Multiple studies gauge how businesses are being affected by health care reform, and how they’re bracing for ongoing changes.

Employers React To Rising Premiums

While substantial attention has been given to the so-called “play or pay” rule, which will penalize larger employers that don’t offer insurance in 2015, a series of recent reports indicates that businesses of all sizes, in Minnesota and elsewhere, are voicing their concerns about health care reform.

A report released in late October by the National Federation of Independent Businesses (NFIB) paints a picture of frustration, primarily with the rising cost of premiums. Indeed, 64 percent of respondents said they paid more per employee for health insurance in 2013 than they did the prior year, while a mere 6 percent reported a decline.

The most common effect of those higher costs was decreased profits, while many businesses said they defrayed the increased expense by boosting productivity or by delaying, postponing, or eliminating other investments.

The NFIB gauged the responses of businesses that employ anywhere from two to 100 employees, meaning some of the respondents are large enough to be subject to “play or pay.” (Those with more than 50 full-time or full-time-equivalent employees must comply; learn how to properly count your employees here.)

There also appears to be a need for additional education: Only 17 percent of respondents to the NFIB survey said they're “very” familiar with the Affordable Care Act (ACA), while roughly half said they’re “somewhat” familiar. The complete NFIB report, which runs 58 pages, can be downloaded here.

Here in Minnesota, 57 percent of respondents to a Minnesota Chamber of Commerce survey said that they provide health insurance for employees—and 74 percent of those that do say costs are increasing. While only 5 percent of respondents said they would cease providing insurance in five years if costs keep climbing at the current rate, roughly three in five said they'd make changes to the coverage they offer.

The Minnesota Chamber's survey, which was conducted in August, polled 350 Minnesota businesses of all sizes. Twenty-eight percent reported that health care is among the top two barriers to job creation.
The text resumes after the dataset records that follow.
-- ===== src/Keychain/Windows/Manager.antt =====
-- The documented behaviour of the Windows Credential Manager, as store/keychain/keychain_windows.go
-- relies on it, and the target names that the store gives to its credentials.
use mathlib.Core.List.{append_assoc}
use secrets_engine.Keychain.Windows.{
  Credential, CredentialAttribute, element_not_found, Wincred, KeychainStore, max_blob_size,
  item_label, item_chunk_label,
}
use secrets_engine.Maps.{Map, put, remove, is_some}
use secrets_engine.Prelude.{
  ℕ, ◌≤◌, ◌≡◌, sym, ap, ◌∙◌, ◌≢◌, ◌⊎◌, inl, inr, All, All-append, All-map, [], ◌∷◌, ◌++◌, ok, err,
  arith, if◌then◌else◌, length, length-append,
}
use secrets_engine.Secrets.Identifier.{SecretId}
use secrets_engine.Store.Contract.{found_or}
use secrets_engine.Text.{Bytes, codes}
use secrets_engine.Text.Utf8.{IsUtf8, IsUtf8-append, ascii-IsUtf8}
use secrets_engine.Text.Decimal.{itoa, itoa_inj, IsDigit, itoa-IsDigit, length-itoa}

-- A byte of ASCII that is no upper-case letter.
abbrev pub IsFolded : ℕ → Type 0
IsFolded c = (c ≤ 64) ⊎ ((91 ≤ c) × (c ≤ 127))

-- Target names are compared without regard to case: two of them are the same if `fold` gives the same for
-- both. It goes character by character and makes letters small, so it leaves folded ASCII at the end alone.
abbrev pub FoldsCase : (Bytes → Bytes) → Type 0
FoldsCase fold = (p t : Bytes) → All IsFolded t → fold (p ++ t) ≡ fold p ++ t

-- A text of at most so many bytes in UTF-8, none of them zero.
abbrev pub IsText : ℕ → Bytes → Type 0
IsText bound s = (length s ≤ bound) × IsUtf8 s

-- A target name within the documented limit.
abbrev pub IsTargetName : Bytes → Type 0
IsTargetName = IsText 32767

abbrev pub AttributeFits : CredentialAttribute → Type 0
AttributeFits a = (1 ≤ length a.keyword) × IsText 256 a.keyword × (length a.value ≤ 256)

-- The limits that are documented for a `CREDENTIAL`, in bytes, besides that of the blob: on the target name,
-- the user name, the number of the attributes, and their keywords and values.
abbrev pub IsWithinLimits : Credential → Type 0
IsWithinLimits c =
    IsTargetName c.target_name
    × IsText 513 c.user_name
    × (length c.attributes ≤ 64)
    × All AttributeFits c.attributes

-- The credential manager as a map from folded target names to generic credentials, which `view` reads from
-- a state. A healthy state fails no call, but for a credential over a limit of the system.
pub record IsManager {S : Type 0} (wincred : Wincred S) (fold : Bytes → Bytes)
    (view : S → Map Credential) (IsHealthy : S → Type 0) : Type 0 where
  pub folds : FoldsCase fold
  pub get_view :
      (t : Bytes) (s : S)
      → IsHealthy s
      → IsTargetName t
      → wincred.get_generic_credential t s ≡ found_or element_not_found (view s (fold t))
  pub delete_view :
      (t : Bytes) (s : S)
      → IsHealthy s
      → IsTargetName t
      → ((wincred.delete_credential t s).0
          ≡ (if is_some (view s (fold t)) then ok tt else err element_not_found))
        × IsHealthy (wincred.delete_credential t s).1
        × ((j : Bytes) → view (wincred.delete_credential t s).1 j ≡ remove (fold t) (view s) j)
  pub write_view :
      (c : Credential) (s : S)
      → IsHealthy s
      → length c.credential_blob ≤ max_blob_size
      → IsWithinLimits c
      → ((wincred.write_credential c s).0 ≡ ok tt)
        × IsHealthy (wincred.write_credential c s).1
        × ((j : Bytes)
            → view (wincred.write_credential c s).1 j ≡ put (fold c.target_name) c (view s) j)

append_cancel : (p s t : Bytes) → p ++ s ≡ p ++ t → s ≡ t
append_cancel [] s t e = e
append_cancel (x ∷ p) s t e = append_cancel p s t (cc e)

module _ {S : Type 0} (k : KeychainStore S) where
  -- The identifier whose primary credential has the name of a chunk.
  pub item_label_chunk :
      (i : SecretId) (n : ℕ)
      → item_label k (i ++ (codes ":chunk:" ++ itoa n)) ≡ item_chunk_label k i n
  item_label_chunk i n = simp append_assoc

chunk_suffix-IsFolded : (n : ℕ) → All IsFolded (codes ":chunk:" ++ itoa n)
chunk_suffix-IsFolded n =
    All-append IsFolded (codes ":chunk:") (itoa n)
      (
        inl (omega arith),
        (
          inr (omega arith, omega arith),
          (
            inr (omega arith, omega arith),
            (
              inr (omega arith, omega arith),
              (
                inr (omega arith, omega arith),
                (inr (omega arith, omega arith), (inl (omega arith), tt)),
              ),
            ),
          ),
        ),
      )
      (All-map IsDigit IsFolded (λ c d. inl (omega arith)) (itoa n) (itoa-IsDigit n))

-- The label of a secret leaves room for the suffix of a chunk.
abbrev pub IsLabel : Bytes → Type 0
IsLabel = IsText 32000

pub IsLabel-IsTargetName : (label : Bytes) → IsLabel label → IsTargetName label
IsLabel-IsTargetName label h = (omega (arith, h.0), h.1)

pub chunk-IsTargetName :
    {S : Type 0} (k : KeychainStore S) (i : SecretId) (n : ℕ)
    → IsLabel (item_label k i)
    → n ≤ 9223372036854775807
    → IsTargetName (item_chunk_label k i n)
chunk-IsTargetName k i n h b = (
  omega (arith, h.0, length-itoa n b, length-append (item_label k i) (codes ":chunk:" ++ itoa n)),
  IsUtf8-append (item_label k i) (codes ":chunk:" ++ itoa n) h.1 (
      IsUtf8-append (codes ":chunk:") (itoa n) (ascii-IsUtf8 (codes ":chunk:") (ground arith)) (
        ascii-IsUtf8 (itoa n) (
          All-map IsDigit (λ c. (1 ≤ c) × (c ≤ 0x7F)) (λ c d. (omega arith, omega arith)) (itoa n)
            (itoa-IsDigit n)))),
)

module _ {S : Type 0} (k : KeychainStore S) (fold : Bytes → Bytes) where
  -- The folded target name of a secret's primary credential.
  abbrev pub primary_name : SecretId → Bytes
  primary_name i = fold (item_label k i)

  -- The folded target name of a chunk.
  abbrev pub chunk_name : SecretId → ℕ → Bytes
  chunk_name i n = fold (item_chunk_label k i n)

  chunk_name_lem :
      FoldsCase fold
      → (i : SecretId) (n : ℕ) → chunk_name i n ≡ primary_name i ++ (codes ":chunk:" ++ itoa n)
  chunk_name_lem folds i n =
      folds (item_label k i) (codes ":chunk:" ++ itoa n) (chunk_suffix-IsFolded n)

  pub chunk_name_inj :
      FoldsCase fold → (i : SecretId) (m n : ℕ) → chunk_name i m ≡ chunk_name i n → m ≡ n
  chunk_name_inj folds i m n e = itoa_inj m n (
      append_cancel (codes ":chunk:") _ _ (
        append_cancel (primary_name i) _ _
          (sym (chunk_name_lem folds i m) ∙ e ∙ chunk_name_lem folds i n)))

  pub primary_name-ne-chunk_name :
      FoldsCase fold → (i : SecretId) (n : ℕ) → primary_name i ≢ chunk_name i n
  primary_name-ne-chunk_name folds i n e = omega (
    arith,
    ap length (e ∙ chunk_name_lem folds i n),
    length-append (primary_name i) (codes ":chunk:" ++ itoa n),
  )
Meanwhile, employees throughout the country are also bracing for what they anticipate will be higher health care costs. In a recent nationwide survey of employees conducted by the National Business Group on Health, a nonprofit association of more than 375 large U.S. employers, more than half of respondents (54 percent) believe their health insurance premiums will rise over the next year because of the ACA.

The long-term outlook is no better: 56 percent expect costs to jump over the next three to five years, and about 32 percent expect the quality of their health care benefits to decline during that period. That survey was directed at employers that have at least 2,000 employees, so it reflects largely those businesses that have historically offered coverage.

That’s not to say, however, that those respondents have found a better alternative: 47 percent said they are not confident that they could procure a health plan with the same or better quality than their current plan.

And new research released this month by the U.S. Chamber of Commerce and the International Franchise Association (IFA) suggests that employers are not only planning changes in response to the ACA—but some are already making them, despite the fact that “play or pay” was delayed until 2015.

For example, 28 percent of businesses that responded to the survey reported that the employer mandate will lead them to drop coverage for their employees in 2015.

And more than 30 percent of franchise businesses said they have already reduced worker hours, and 12 percent of non-franchise businesses said they’ve done the same. Meanwhile, 27 percent of franchise and 12 percent of non-franchise businesses said they have already replaced full-time workers with part-time employees because of the law. (That survey included both “large” and “small” employers.)